Directions | A single figure is the whole answer: the number of lines in the records that contain "false".

[Stored data]
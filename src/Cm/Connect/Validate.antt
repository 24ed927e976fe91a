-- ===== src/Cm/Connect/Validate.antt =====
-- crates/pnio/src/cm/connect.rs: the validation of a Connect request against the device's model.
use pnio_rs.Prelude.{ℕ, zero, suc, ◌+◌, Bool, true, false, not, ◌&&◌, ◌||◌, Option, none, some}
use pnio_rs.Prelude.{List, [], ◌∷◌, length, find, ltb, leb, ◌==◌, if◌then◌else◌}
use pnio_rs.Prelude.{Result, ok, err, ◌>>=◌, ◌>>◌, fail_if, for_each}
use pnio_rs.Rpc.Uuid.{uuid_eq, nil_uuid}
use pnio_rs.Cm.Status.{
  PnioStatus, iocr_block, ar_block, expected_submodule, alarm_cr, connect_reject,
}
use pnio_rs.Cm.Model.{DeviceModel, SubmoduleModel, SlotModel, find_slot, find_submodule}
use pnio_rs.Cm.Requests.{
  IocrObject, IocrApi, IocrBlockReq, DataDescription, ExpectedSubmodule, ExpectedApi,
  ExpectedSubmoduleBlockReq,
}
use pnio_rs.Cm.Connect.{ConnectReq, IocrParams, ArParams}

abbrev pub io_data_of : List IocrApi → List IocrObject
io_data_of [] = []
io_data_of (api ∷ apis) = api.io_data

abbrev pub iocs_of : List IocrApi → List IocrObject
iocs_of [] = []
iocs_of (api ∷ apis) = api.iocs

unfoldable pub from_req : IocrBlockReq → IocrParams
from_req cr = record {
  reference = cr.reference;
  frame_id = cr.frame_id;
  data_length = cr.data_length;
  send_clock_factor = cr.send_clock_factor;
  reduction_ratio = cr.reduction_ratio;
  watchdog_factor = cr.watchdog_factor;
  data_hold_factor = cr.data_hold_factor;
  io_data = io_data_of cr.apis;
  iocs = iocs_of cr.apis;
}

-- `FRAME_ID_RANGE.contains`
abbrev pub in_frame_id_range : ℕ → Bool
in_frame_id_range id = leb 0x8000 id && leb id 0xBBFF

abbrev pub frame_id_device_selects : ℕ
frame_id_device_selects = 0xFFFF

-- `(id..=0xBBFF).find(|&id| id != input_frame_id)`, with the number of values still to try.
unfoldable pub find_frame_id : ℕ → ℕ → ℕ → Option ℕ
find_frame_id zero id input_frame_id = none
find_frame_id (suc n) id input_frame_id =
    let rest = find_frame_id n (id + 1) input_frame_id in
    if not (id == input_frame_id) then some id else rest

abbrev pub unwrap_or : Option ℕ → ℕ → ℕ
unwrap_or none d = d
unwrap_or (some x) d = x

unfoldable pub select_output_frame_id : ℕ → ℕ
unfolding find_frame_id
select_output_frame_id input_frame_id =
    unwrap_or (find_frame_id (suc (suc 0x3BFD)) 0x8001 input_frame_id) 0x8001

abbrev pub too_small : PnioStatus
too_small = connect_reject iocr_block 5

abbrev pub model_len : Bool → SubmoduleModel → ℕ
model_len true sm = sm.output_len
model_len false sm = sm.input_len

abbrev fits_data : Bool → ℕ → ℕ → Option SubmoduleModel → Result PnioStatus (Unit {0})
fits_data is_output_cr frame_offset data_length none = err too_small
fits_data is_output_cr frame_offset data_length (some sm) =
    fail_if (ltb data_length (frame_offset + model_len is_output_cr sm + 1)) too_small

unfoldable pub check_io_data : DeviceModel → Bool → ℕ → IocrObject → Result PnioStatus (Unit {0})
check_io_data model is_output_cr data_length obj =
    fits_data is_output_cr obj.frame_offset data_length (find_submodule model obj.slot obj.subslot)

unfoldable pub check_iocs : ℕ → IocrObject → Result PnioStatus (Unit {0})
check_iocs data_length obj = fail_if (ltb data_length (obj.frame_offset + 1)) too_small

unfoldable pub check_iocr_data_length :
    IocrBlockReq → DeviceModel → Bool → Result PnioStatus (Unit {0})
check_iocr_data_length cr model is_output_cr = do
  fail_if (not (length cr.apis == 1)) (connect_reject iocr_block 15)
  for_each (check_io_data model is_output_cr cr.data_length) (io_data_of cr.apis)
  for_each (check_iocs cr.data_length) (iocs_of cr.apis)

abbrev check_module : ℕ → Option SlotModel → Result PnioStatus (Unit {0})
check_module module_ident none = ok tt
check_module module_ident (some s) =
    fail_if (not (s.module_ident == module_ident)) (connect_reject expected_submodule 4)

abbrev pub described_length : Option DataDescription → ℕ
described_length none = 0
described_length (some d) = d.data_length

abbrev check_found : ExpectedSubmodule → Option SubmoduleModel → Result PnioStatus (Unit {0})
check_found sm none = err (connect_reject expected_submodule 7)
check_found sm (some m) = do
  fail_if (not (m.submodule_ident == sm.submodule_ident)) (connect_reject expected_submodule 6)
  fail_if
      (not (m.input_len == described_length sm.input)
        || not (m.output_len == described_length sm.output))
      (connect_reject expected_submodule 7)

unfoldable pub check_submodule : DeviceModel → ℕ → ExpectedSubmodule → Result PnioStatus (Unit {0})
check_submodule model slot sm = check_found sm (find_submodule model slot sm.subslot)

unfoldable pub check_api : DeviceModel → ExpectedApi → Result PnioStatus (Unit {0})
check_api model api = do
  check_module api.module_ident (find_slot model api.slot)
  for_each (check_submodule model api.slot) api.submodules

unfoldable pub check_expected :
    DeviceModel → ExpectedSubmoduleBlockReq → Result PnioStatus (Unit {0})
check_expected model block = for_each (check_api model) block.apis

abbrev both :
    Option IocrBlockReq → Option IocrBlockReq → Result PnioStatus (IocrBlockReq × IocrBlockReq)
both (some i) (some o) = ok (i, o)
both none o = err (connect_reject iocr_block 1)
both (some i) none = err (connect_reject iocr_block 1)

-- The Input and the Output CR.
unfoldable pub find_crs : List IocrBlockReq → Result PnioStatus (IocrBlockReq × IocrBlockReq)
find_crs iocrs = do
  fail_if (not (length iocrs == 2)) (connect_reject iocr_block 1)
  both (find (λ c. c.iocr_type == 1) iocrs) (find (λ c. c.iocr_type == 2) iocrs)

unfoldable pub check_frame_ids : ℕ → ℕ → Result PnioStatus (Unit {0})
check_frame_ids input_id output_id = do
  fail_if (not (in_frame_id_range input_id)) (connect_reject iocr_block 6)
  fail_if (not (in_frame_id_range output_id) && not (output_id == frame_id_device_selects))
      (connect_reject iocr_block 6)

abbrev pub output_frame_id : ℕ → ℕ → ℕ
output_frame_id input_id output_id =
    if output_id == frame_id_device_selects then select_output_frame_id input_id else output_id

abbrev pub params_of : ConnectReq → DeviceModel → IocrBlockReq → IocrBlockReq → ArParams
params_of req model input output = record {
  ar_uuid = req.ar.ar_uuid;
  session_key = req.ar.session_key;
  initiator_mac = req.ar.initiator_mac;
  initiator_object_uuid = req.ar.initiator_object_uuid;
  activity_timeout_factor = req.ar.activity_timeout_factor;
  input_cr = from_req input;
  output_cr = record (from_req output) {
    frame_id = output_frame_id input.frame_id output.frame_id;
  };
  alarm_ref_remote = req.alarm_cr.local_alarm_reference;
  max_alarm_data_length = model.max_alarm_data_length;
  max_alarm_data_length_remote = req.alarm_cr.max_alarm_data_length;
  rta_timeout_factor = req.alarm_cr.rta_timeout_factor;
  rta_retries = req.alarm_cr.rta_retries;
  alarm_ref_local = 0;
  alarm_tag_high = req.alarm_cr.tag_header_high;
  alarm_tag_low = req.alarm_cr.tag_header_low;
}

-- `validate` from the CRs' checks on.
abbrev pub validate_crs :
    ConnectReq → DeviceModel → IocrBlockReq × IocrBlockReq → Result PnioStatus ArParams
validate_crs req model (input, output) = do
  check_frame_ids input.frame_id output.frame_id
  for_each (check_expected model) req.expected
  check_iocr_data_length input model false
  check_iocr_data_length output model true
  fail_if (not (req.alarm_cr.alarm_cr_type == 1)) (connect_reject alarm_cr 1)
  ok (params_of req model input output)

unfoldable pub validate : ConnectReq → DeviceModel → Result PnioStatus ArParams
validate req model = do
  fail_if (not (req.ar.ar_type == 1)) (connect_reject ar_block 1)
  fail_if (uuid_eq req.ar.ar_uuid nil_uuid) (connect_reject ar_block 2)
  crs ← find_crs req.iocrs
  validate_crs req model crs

Output for this task | 3